◆ TO DO ◆
How many lines in the records below contain the string "path"? Answer with the number alone.

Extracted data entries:
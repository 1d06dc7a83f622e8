-- ===== src/Tests/Loading.antt =====
-- A configuration as it is loaded, over a library for which every text is a pattern, a network and a host.
use sni_router.Prelude.{ℕ, ◌≡◌, refl, true, false, [], ◌∷◌, none, some}
use sni_router.Prelude.Equality.{nat_Key}
use sni_router.Prelude.Maps
use sni_router.Prelude.Outcomes.{Bytes, ok, err, Post, run_steps}
use sni_router.Prelude.Sets.{any}
use sni_router.Net.{v4, normalize_socket_addr}
use sni_router.QuicLb
use sni_router.Routing.{unspecified, accept, drop}
use sni_router.Routing.Http3.{Route, udp, route_for_sni}
use sni_router.Messages.{proxy_type, BackendPb, backend_pb, no_sorry_pb, RulePb, SniConfigPb}
use sni_router.Loading.{
  v6_net, Loader, unspecified_action, compile_full_match, resolve_one_addr, load_acl, load_backend,
  load_rule, load_config,
}
use sni_router.Loading.Loaded.{IsLoaded}
use sni_router.Loading.Checked.{load_config-Post, load_config-route_for_sni}

abbrev pub plain : Loader
plain = record {
  Regex = Bytes;
  Net = Bytes;
  Text = Bytes;
  Cipher = Bytes;
  parse_net = λ text. some (v6_net text);
  ipv6_net = λ ip prefix. some [];
  regex_new = λ text. some text;
  has_pattern = λ re. false;
  wrapped = λ text. text;
  wrapped_line = λ text. text;
  no_text = [];
  lookup_host = λ host. some (v4 0xc0000202 443 ∷ []);
  read_key = λ file. some file;
}

abbrev pub proxy : BackendPb Bytes
proxy = backend_pb (some (proxy_type (104 ∷ []) false none)) none no_sorry_pb

abbrev pub example_rule : RulePb Bytes
example_rule = record {
  regex = some (101 ∷ []);
  acl =
      some (record {
        default_action = accept;
        rules = record { source = 1 ∷ []; action = drop } ∷ [];
      });
  backend = some proxy;
  max_lifetime_ms = 0;
}

abbrev pub default_rule : RulePb Bytes
default_rule = record { regex = none; acl = none; backend = some proxy; max_lifetime_ms = 500 }

abbrev pub example_config : SniConfigPb Bytes
example_config = record {
  quic_lb = record { config_id = 3; key_file = 107 ∷ []; servers = (some 1, 104 ∷ []) ∷ [] } ∷ [];
  rules = example_rule ∷ [];
  default = some default_rule;
  max_lifetime_ms = 0;
  handshake_timeout_ms = 1000;
}

load_config-runs :
    load_config plain example_config
    ≡ ok (
      record {
        codec = record { config_id = 3; cipher = 107 ∷ [] };
        servers = (1, v4 0xc0000202 443) ∷ [];
      }
          ∷ [],
      record {
        max_lifetime = none;
        handshake_timeout = some 1000;
        rules =
            record {
              re = 101 ∷ [];
              backend = udp (v4 0xc0000202 443);
              acl = record {
                rules = record { source = 1 ∷ []; action = drop } ∷ [];
                default_action = accept;
              };
              timeout = none;
            }
            ∷ [];
        default = record {
          re = [];
          backend = udp (v4 0xc0000202 443);
          acl = record { rules = []; default_action = accept };
          timeout = some 500;
        };
      },
    )
unfolding run_steps load_config load_rule load_backend load_acl resolve_one_addr compile_full_match
    any Maps.get Maps.put QuicLb.new normalize_socket_addr
load_config-runs = refl

-- An unspecified default action is loaded, one of a rule is not.
load_acl-unspecified :
    load_acl plain (record { default_action = unspecified; rules = [] })
    ≡ ok (record { rules = []; default_action = unspecified })
unfolding run_steps load_acl
load_acl-unspecified = refl

load_acl-refused :
    load_acl plain (record {
      default_action = accept;
      rules = record { source = 1 ∷ []; action = unspecified } ∷ [];
    })
    ≡ err unspecified_action
unfolding run_steps load_acl
load_acl-refused = refl

load_config-Post_example : Post (IsLoaded plain example_config) (load_config plain example_config)
load_config-Post_example = load_config-Post plain example_config

load_config-route_for_sni_example :
    Post
      (λ c.
        (route : Route ℕ) × (route_for_sni (λ re name. true) (λ net ip. false) c.1 (v4 1 2) (some 5)
          ≡ ok route))
      (load_config plain example_config)
load_config-route_for_sni_example =
    load_config-route_for_sni plain (λ re name. true) (λ net ip. false) example_config default_rule
      refl refl (refl, tt) (v4 1 2) (some 5)
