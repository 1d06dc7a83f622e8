-- ===== src/Tests/LoadingTcp.antt =====
-- A configuration of the TCP router with TLS on either side, and one that both routers load.
use sni_router.Prelude.{ℕ, ◌≡◌, refl, Bool, true, false, List, [], ◌∷◌, none, some}
use sni_router.Prelude.Equality.{nat_Key}
use sni_router.Prelude.Outcomes.{Bytes, ok, err, Post, run_steps}
use sni_router.Net.{v4, peer_ip_v6}
use sni_router.Routing.{accept}
use sni_router.Routing
use sni_router.Routing.Agreement.{backend_of, closing}
use sni_router.Routing.Http3.{route_for_sni}
use sni_router.Routing.Tcp.{choose_for_sni}
use sni_router.Backends.{Backend, pass, proxy, no_sorry, sorry}
use sni_router.Messages.{
  TlsPb, BackendTlsPb, null_type, proxy_type, pass_type, BackendPb, backend_pb, no_sorry_pb,
  sorry_pb, RulePb, SniConfigPb,
}
use sni_router.Loading.{
  load_config, compile_full_match, load_acl, half_credentials, null_with_sorry,
}
use sni_router.Loading.Tcp.{
  TlsLoader, load_tls, load_root_store, load_backend_tls, load_tcp_backend, load_tcp_rule,
  load_tcp_config,
}
use sni_router.Loading.Tcp.Backends.{IsTcpLoaded, load_tcp_config-Post}
use sni_router.Loading.Tcp.Agreement.{has_backend_tls, IsPlain, counterpart, load_config-agree}
use sni_router.Tests.Loading.{plain, default_rule, example_rule, example_config}
use sni_router.Tests.Loading

-- A configuration of rustls is its certificates.
abbrev files : TlsLoader Bytes
files = record {
  Cert = ℕ;
  Key = ℕ;
  Roots = List ℕ;
  Verifier = List ℕ;
  ServerConfig = List ℕ;
  ClientConfig = Bool;
  is_empty = λ text. elim text [ [] ↦ true | b ∷ bs ↦ false ];
  load_certs = λ text. some text;
  load_private_key = λ text. some 1;
  no_roots = [];
  add_root = λ roots cert. some (cert ∷ roots);
  client_verifier = λ roots. some roots;
  server_config = λ verifier certs key keylog. some certs;
  client_config = λ insecure credentials keylog. some insecure;
}

abbrev server_tls : TlsPb Bytes
server_tls = record { cert_file = 99 ∷ []; key_file = 107 ∷ []; mtls_ca = [] }

abbrev backend_tls : BackendTlsPb Bytes
backend_tls = record { cert_file = []; key_file = []; insecure = true }

abbrev secure : BackendPb Bytes
secure =
    backend_pb (some (proxy_type (98 ∷ []) false (some backend_tls))) (some server_tls)
      (sorry_pb (backend_pb (some (pass_type (115 ∷ []))) none no_sorry_pb))

abbrev secure_config : SniConfigPb Bytes
secure_config = record {
  quic_lb = [];
  rules = [];
  default = some (record { regex = none; acl = none; backend = some secure; max_lifetime_ms = 0 });
  max_lifetime_ms = 0;
  handshake_timeout_ms = 0;
}

load_tcp_config-runs :
    load_tcp_config plain files false secure_config
    ≡ ok (record {
      max_lifetime = none;
      handshake_timeout = none;
      rules = [];
      default = record {
        re = [];
        backend =
            proxy
              (98 ∷ [])
              false
              (some (99 ∷ []))
              (some true)
              (sorry (pass (115 ∷ []) none no_sorry));
        acl = record { rules = []; default_action = accept };
        timeout = none;
      };
    })
unfolding run_steps load_tcp_config load_tcp_rule load_tcp_backend load_backend_tls load_tls
    load_root_store compile_full_match load_acl
load_tcp_config-runs = refl

-- A key without a certificate is refused.
load_backend_tls-half :
    load_backend_tls plain files false
      (record { cert_file = []; key_file = 107 ∷ []; insecure = false })
    ≡ err half_credentials
unfolding run_steps load_backend_tls
load_backend_tls-half = refl

load_tcp_backend-null :
    load_tcp_backend plain files false null_type none
      (sorry_pb (backend_pb (some (pass_type (115 ∷ []))) none no_sorry_pb))
    ≡ err null_with_sorry
unfolding run_steps load_tcp_backend load_tls
load_tcp_backend-null = refl

load_tcp_config-Post_example :
    Post
      (IsTcpLoaded plain files false secure_config)
      (load_tcp_config plain files false secure_config)
load_tcp_config-Post_example = load_tcp_config-Post plain files false secure_config

example-IsPlain :
    (message : BackendPb Bytes)
    → some (Loading.proxy) ≡ some message
    → has_backend_tls message ≡ false
example-IsPlain message e = let same : Loading.proxy ≡ message = cc in rw (← same) refl

default-IsPlain :
    (default_pb : RulePb Bytes) → some default_rule ≡ some default_pb → IsPlain default_pb
default-IsPlain default_pb e =
    let same : default_rule ≡ default_pb = cc in rw (← same) example-IsPlain

load_config-agree_example :
    Post
      (λ c.
        (t : Routing.Config Bytes Bytes (Backend Bytes (List ℕ) Bool)) × (load_tcp_config plain
            files false example_config
          ≡ ok t)
        × (backend_of {Text = ℕ}
              (route_for_sni (λ re name. true) (λ net ip. false) c.1 (v4 1 2) (some 5))
            ≡ closing {Text = ℕ} (counterpart plain files false) (
                choose_for_sni
                  (λ re name. true)
                  (λ net ip. false)
                  t
                  (peer_ip_v6 (v4 1 2))
                  (some 5))))
      (load_config plain example_config)
load_config-agree_example =
    load_config-agree plain files false (λ re name. true) (λ net ip. false) example_config
      (example-IsPlain, tt) default-IsPlain (v4 1 2) (some 5)
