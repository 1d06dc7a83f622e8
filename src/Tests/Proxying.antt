-- ===== src/Tests/Proxying.antt =====
-- A primary backend that refuses and a sorry backend behind a path; and a client without TLS whose bytes go to a proxy
-- behind a PROXY line.
use sni_router.Prelude.{ℕ, ◌≡◌, refl, Bool, true, false, [], ◌∷◌, none, some, nat_eq, length}
use sni_router.Prelude.Outcomes.{Bytes, ok, run_steps}
use sni_router.Net.{SocketAddr, v4, v6, peer_ip_v6}
use sni_router.Net.HostPort.{split_host_port, parse_u16}
use sni_router.Net.HostPort.Written.{joined, split_host_port-joined}
use sni_router.Records.{Connection, ensure_bytes_available, read_tls_clienthello}
use sni_router.Routing.{accept, acl_action, match_action}
use sni_router.Routing
use sni_router.Routing.Tcp.{choose_default, choose_backend}
use sni_router.Backends.{Backend, pass, proxy, no_sorry, sorry}
use sni_router.Connecting.{
  Network, Event, connected, refused, unix_connected, passed, handed_off,
  connect_or_handoff_backend, connect_for_proxy, hand_off, pass_fd_over_uds, catch, emit,
}
use sni_router.Connecting
use sni_router.Connecting.Runs.{Reached}
use sni_router.Connecting.Served.{Served}
use sni_router.Connecting.Fallback.{Fails, connect_or_handoff_backend-Runs}
use sni_router.Proxying.{Sockets, handle_conn, handle_connected_proxy, proxy_line, route, show_u16}
use sni_router.Proxying.EndToEnd.{Ends, handle_conn-Ends}
use sni_router.Tests.Handshake.{toy, toy-IsRustls}

abbrev is_second : SocketAddr → Bool
is_second (v4 ip port) = nat_eq ip 2
is_second (v6 ip port flow scope) = false

-- The first address refuses, and every path takes what it gets.
abbrev network : Network
network = record {
  rustls = toy;
  ClientConfig = Unit {0};
  lookup_host = λ events addr. some (v4 1 80 ∷ v4 2 80 ∷ []);
  tcp_connect = λ events addr. is_second addr;
  unix_connect = λ events path. true;
  is_server_name = λ host. true;
  backend_tls = λ events cfg host. none;
  sendmsg = λ events path bytes. some (length bytes);
}

abbrev client : Connection
client = record { bytes = 71 ∷ 69 ∷ []; stream = 84 ∷ [] }

-- TLS with the primary backend fails, and its sorry backend is a path.
abbrev primary : Backend Bytes (Unit {0}) (Unit {0})
primary = proxy (98 ∷ 58 ∷ 49 ∷ []) false none (some tt) (sorry (pass (115 ∷ []) none no_sorry))

connect_or_handoff_backend-runs :
    (connect_or_handoff_backend network client primary []).events
    ≡ refused (v4 1 80)
      ∷ connected (v4 2 80)
      ∷ Connecting.backend_handshake (98 ∷ [])
      ∷ unix_connected (115 ∷ [])
      ∷ passed (115 ∷ []) (71 ∷ 69 ∷ [])
      ∷ []
unfolding run_steps connect_or_handoff_backend connect_for_proxy hand_off pass_fd_over_uds catch
    emit Connecting.◌>>=◌ split_host_port parse_u16
connect_or_handoff_backend-runs = refl

connect_or_handoff_backend-Runs_example :
    Reached
      (Served network client primary [])
      (Fails network toy-IsRustls client primary [])
      []
      (connect_or_handoff_backend network client primary [])
connect_or_handoff_backend-Runs_example =
    connect_or_handoff_backend-Runs network toy-IsRustls client primary []

abbrev sockets : Sockets
sockets = record {
  show_ip = λ addr. 49 ∷ [];
  me = v4 9 443;
  peer = v4 8 1234;
  accepts = λ got bytes. true;
}

-- The default rule proxies, with a PROXY line.
abbrev config : Routing.Config ℕ ℕ (Backend Bytes (Unit {0}) (Unit {0}))
config = record {
  max_lifetime = none;
  handshake_timeout = none;
  rules = [];
  default = record {
    re = 0;
    backend = proxy (98 ∷ 58 ∷ 49 ∷ []) true none none no_sorry;
    acl = record { rules = []; default_action = accept };
    timeout = none;
  };
}

handle_conn-runs :
    handle_conn network sockets
      (λ re name. true)
      (λ net ip. true)
      (λ (name : Bytes). name)
      config
      (71 ∷ 69 ∷ [])
      (84 ∷ 32 ∷ 47 ∷ 10 ∷ [])
      []
    ≡ (
      refused (v4 1 80) ∷ connected (v4 2 80) ∷ [],
      -- "PROXY TCP4 1 1 1234 443\r\nGET /\n"
      ok (
          some (
            v4 2 80,
            80 ∷ 82 ∷ 79 ∷ 88 ∷ 89 ∷ 32 ∷ 84 ∷ 67 ∷ 80 ∷ 52 ∷ 32 ∷ 49 ∷ 32 ∷ 49 ∷ 32 ∷ 49 ∷ 50 ∷ 51
                ∷ 52 ∷ 32 ∷ 52 ∷ 52 ∷ 51 ∷ 13 ∷ 10 ∷ 71 ∷ 69 ∷ 84 ∷ 32 ∷ 47 ∷ 10 ∷ [],
          )),
    )
unfolding run_steps handle_conn handle_connected_proxy route proxy_line show_u16
    read_tls_clienthello ensure_bytes_available choose_default choose_backend acl_action
    match_action peer_ip_v6 connect_or_handoff_backend connect_for_proxy catch emit Connecting.◌>>=◌
handle_conn-runs = refl

handle_conn-Ends_example :
    Ends network toy-IsRustls sockets
      (λ re name. true)
      (λ net ip. true)
      (λ (name : Bytes). name)
      config
      (71 ∷ 69 ∷ [])
      (84 ∷ 32 ∷ [])
      []
      (handle_conn network sockets
        (λ re name. true)
        (λ net ip. true)
        (λ (name : Bytes). name)
        config
        (71 ∷ 69 ∷ [])
        (84 ∷ 32 ∷ [])
        [])
handle_conn-Ends_example =
    handle_conn-Ends network toy-IsRustls sockets (λ re name. true) (λ net ip. true)
      (λ (name : Bytes). name) config (71 ∷ 69 ∷ []) (84 ∷ 32 ∷ []) []

split_host_port-joined_example :
    split_host_port (joined (58 ∷ 58 ∷ 49 ∷ []) (56 ∷ 48 ∷ [])) ≡ ok (58 ∷ 58 ∷ 49 ∷ [], 80)
unfolding parse_u16
split_host_port-joined_example =
    split_host_port-joined (58 ∷ 58 ∷ 49 ∷ []) (56 ∷ 48 ∷ []) 80 refl refl refl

◆ SOLUTION BELOW ◆
5